[Stored dataset items]
══════════════════════════════

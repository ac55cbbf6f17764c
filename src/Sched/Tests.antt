-- ===== src/Sched/Tests.antt =====
-- Units of work that add their context to a number.
use samos.Base.{ℕ, ◌+◌, ◌≡◌, u32}
use samos.Sched.{sam_sched_init, sam_sched_submit, sam_sched_tick}
use samos.Sched.Cycle.{all_served, work_in_order, runnable_count, plain_call, sam_sched_tick-served}

abbrev add : ℕ → ℕ → ℕ → ℕ
add f c w = w + c

sam_sched_tick-served_example :
    sam_sched_tick (plain_call add) ((sam_sched_submit sam_sched_init 0x20 1 5).0, 7) ≡ (
      (
        record (sam_sched_submit sam_sched_init 0x20 1 5).0 {
          slots = all_served (sam_sched_submit sam_sched_init 0x20 1 5).0.slots;
          cycles = u32 ((sam_sched_submit sam_sched_init 0x20 1 5).0.cycles + 1);
        },
        work_in_order add (sam_sched_submit sam_sched_init 0x20 1 5).0.slots 7,
      ),
      runnable_count (sam_sched_submit sam_sched_init 0x20 1 5).0.slots,
    )
sam_sched_tick-served_example =
    sam_sched_tick-served add (sam_sched_submit sam_sched_init 0x20 1 5).0 7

══════════════════════════════

▶ [Work instructions]:
The required output is the line holding "sam_sched_tick (plain_call add)" plus every line after it in the data, reproduced exactly.

▶ [Reply to the exercise]:
    sam_sched_tick (plain_call add) ((sam_sched_submit sam_sched_init 0x20 1 5).0, 7) ≡ (
      (
        record (sam_sched_submit sam_sched_init 0x20 1 5).0 {
          slots = all_served (sam_sched_submit sam_sched_init 0x20 1 5).0.slots;
          cycles = u32 ((sam_sched_submit sam_sched_init 0x20 1 5).0.cycles + 1);
        },
        work_in_order add (sam_sched_submit sam_sched_init 0x20 1 5).0.slots 7,
      ),
      runnable_count (sam_sched_submit sam_sched_init 0x20 1 5).0.slots,
    )
sam_sched_tick-served_example =
    sam_sched_tick-served add (sam_sched_submit sam_sched_init 0x20 1 5).0 7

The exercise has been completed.